Some patients may need to have a small quantity of heparin in their overnight dwell to dissolve any fibrin that accumulates in the peritoneum in order to keep the catheter clear.
How does catheter malposition cause poor drainage?
Another reason for poor drainage is that the catheter is in the wrong position.
Sometimes a displaced catheter will “float” back into the right position naturally.
If this does not happen, then surgery may be required to correct the position of the catheter.
What causes pink or red effluent?
Sometimes when PD fluid is drained out at the end of an exchange, it may look slightly red or pinkish in color.
This happens if any of the small blood vessels in the peritoneum are broken.
This may be caused by lifting something heavy, coughing or can happen while playing sports.
In females, red or pink-
tinged effluent can occur during menstruation.
Patients are always advised to contact their clinic if the effluent doesn’t clear up in a few days, or if the effluent looks very bloody and is not just light pink or red colored.
What are the risks of fluid imbalance?
Fluid overload can lead to an increase in body weight, high blood pressure, swollen ankles and shortness of breath.
Hypervolemia can be caused from inadequate fluid removal and excessive fluid intake.
Hypovolemia can be caused from excessive fluid removal or inadequate intake and usually results in hypotension.

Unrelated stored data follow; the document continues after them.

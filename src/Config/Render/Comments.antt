-- ===== src/Config/Render/Comments.antt =====
-- How the parser of crates/avash/src/lib.rs reads the tags and the folder that `render_host_block`
-- writes as comments.
use avash.Base.{
  ℕ, false, not, ◌≡◌, refl, ap, ◌∙◌, inl, inr, List, [], ◌∷◌, ◌++◌, map, arith, any, All, ◌==◌,
  Bool-cases, is_nil,
}
use avash.Base.Text.{
  Text, codes, is_whitespace, trim, trim_end, trim_start_if, trim_matches, keep_if, join,
  strip_prefix, split_if,
}
use avash.Base.Trim.{trim_start_if-cons, trim_end_if-append, trim_end_if-word, trim-trim_end}
use avash.Base.Any.{AnyFree-map-trim}
use avash.Config.Host.{SshHost}
use avash.Config.Blocks.{step, tag_list, on_line, comment}
use avash.Config.Render.{clean_tags}
use avash.Config.Render.Fields.{IsTrimmed, trim-IsTrimmed, trim_start-indent, trim-line, reading}

pub split_if-append :
    (k : ℕ) (a s : Text)
    → any (λ c. c == k) a ≡ false
    → split_if (λ c. c == k) (a ++ k ∷ s) ≡ a ∷ split_if (λ c. c == k) s
unfolding split_if
split_if-append k [] s h = ground arith
split_if-append k (c ∷ a) s h = rw (split_if-append k a s (ground arith)) (ground arith)

pub split_if-free :
    (k : ℕ) (a : Text) → any (λ c. c == k) a ≡ false → split_if (λ c. c == k) a ≡ a ∷ []
unfolding split_if
split_if-free k [] h = refl
split_if-free k (c ∷ a) h = rw (split_if-free k a (ground arith)) (ground arith)

-- A tag as it is written: trimmed, not empty and without a comma.
pub record IsTag (t : Text) : Type 0 where
  pub trimmed : IsTrimmed t
  pub one : any (λ c. c == b',') t ≡ false

abbrev pub CommaFree : List Text → Type 0
CommaFree = All (λ t. any (λ c. c == b',') t ≡ false)

clean_from :
    (l : List Text)
    → CommaFree (map trim l)
    → All IsTag (keep_if (λ t. not (is_nil t)) (map trim l))
unfolding keep_if
clean_from [] h = tt
clean_from (t ∷ l) h = elim (Bool-cases (is_nil (trim t))) [
  | inl e ↦ rw e (clean_from l h.1)
  | inr e ↦ rw e (record { trimmed = trim-IsTrimmed t e; one = h.0 }, clean_from l h.1)
]

pub clean_tags-IsTag : (l : List Text) → CommaFree l → All IsTag (clean_tags l)
clean_tags-IsTag l h = clean_from l (AnyFree-map-trim (λ c. c == b',') l h)

trim-space : (s : Text) → trim (32 ∷ s) ≡ trim s
unfolding trim_start_if is_whitespace
trim-space s = refl

pub tag_list-join :
    (t : Text) (l : List Text)
    → All IsTag (t ∷ l)
    → tag_list (32 ∷ join (codes ", ") (t ∷ l)) ≡ t ∷ l
unfolding tag_list join keep_if
tag_list-join t [] h =
    rw (split_if-free b',' (32 ∷ t) h.0.one, trim-space t, h.0.trimmed.both, h.0.trimmed.given) refl
tag_list-join t (u ∷ l) h =
    rw
      (
        split_if-append b',' (32 ∷ t) (32 ∷ join (codes ", ") (u ∷ l)) h.0.one,
        trim-space t,
        h.0.trimmed.both,
        h.0.trimmed.given,
      )
      (ap (◌∷◌ t) (tag_list-join u l h.1))

join-full :
    (t : Text) (l : List Text) → All IsTag (t ∷ l) → is_nil (join (codes ", ") (t ∷ l)) ≡ false
unfolding join
join-full t [] h = h.0.trimmed.given
join-full [] (u ∷ l) h = refl
join-full (c ∷ t) (u ∷ l) h = refl

join-trim_end :
    (t : Text) (l : List Text)
    → All IsTag (t ∷ l)
    → trim_end (join (codes ", ") (t ∷ l)) ≡ join (codes ", ") (t ∷ l)
unfolding join
join-trim_end t [] h = h.0.trimmed.at_end
join-trim_end t (u ∷ l) h =
    let rest = join-trim_end u l h.1 in
    let sep =
      trim_end_if-append is_whitespace (codes ", ") (join (codes ", ") (u ∷ l))
        (rw rest (join-full u l h.1))
      ∙ ap (λ a. codes ", " ++ a) rest in
    trim_end_if-append is_whitespace t (codes ", " ++ join (codes ", ") (u ∷ l)) (rw sep refl)
    ∙ ap (λ a. t ++ a) sep

pub step-tags :
    (hosts : List SshHost) (h : SshHost) (t : Text) (l : List Text)
    → All IsTag (t ∷ l)
    → h.tags ≡ []
    → step (reading hosts h) (codes "    #Tags: " ++ join (codes ", ") (t ∷ l))
      ≡ reading hosts (record h { tags = t ∷ l })
unfolding on_line comment strip_prefix trim_start_if is_whitespace
step-tags hosts h t l ts none_yet =
    ap (on_line (reading hosts h)) (
      trim-line b'#' (codes "Tags: ") (join (codes ", ") (t ∷ l)) (unfold is_whitespace in refl)
        (join-full t l ts) (join-trim_end t l ts))
    ∙ rw none_yet (ap (λ x. reading hosts (record h { tags = x })) (tag_list-join t l ts))

trim-folder : (f : Text) → trim (codes "    #Folder: " ++ f) ≡ codes "#Folder:" ++ trim_end (32 ∷ f)
trim-folder f =
    ap trim_end (
      trim_start-indent (codes "#Folder: " ++ f)
      ∙ trim_start_if-cons is_whitespace b'#' (codes "Folder: " ++ f)
          (unfold is_whitespace in refl))
    ∙ trim_end_if-word is_whitespace (codes "#Folder:") (32 ∷ f) (unfold is_whitespace in refl)

pub step-folder :
    (hosts : List SshHost) (h : SshHost) (f : Text)
    → h.folder ≡ []
    → step (reading hosts h) (codes "    #Folder: " ++ f)
      ≡ reading hosts (record h { folder = trim_matches b'/' (trim f) })
unfolding on_line comment strip_prefix trim_start_if is_whitespace
step-folder hosts h f none_yet =
    ap (on_line (reading hosts h)) (trim-folder f)
    ∙ rw none_yet (
        ap (λ x. reading hosts (record h { folder = trim_matches b'/' x }))
          (trim-trim_end (32 ∷ f) ∙ trim-space f))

What is catheter cuff extrusion?
PD catheters have a cuff of material that anchors the catheter inside the abdomen.
Because of the resilience of silicone, a catheter attempts to reassume its original configuration after insertion; e.g. when a straight catheter is placed so that the subcutaneous segment is in a curved configuration, over time it will tend to straighten out.
This then exerts a forward force on the external cuff.
Extrusion also can occur from tugging and pulling on the catheter or placing the external cuff too close to the skin exit.
The complications that may result from this are chronic exit site infections, subcutaneous tunnel infections and peritonitis.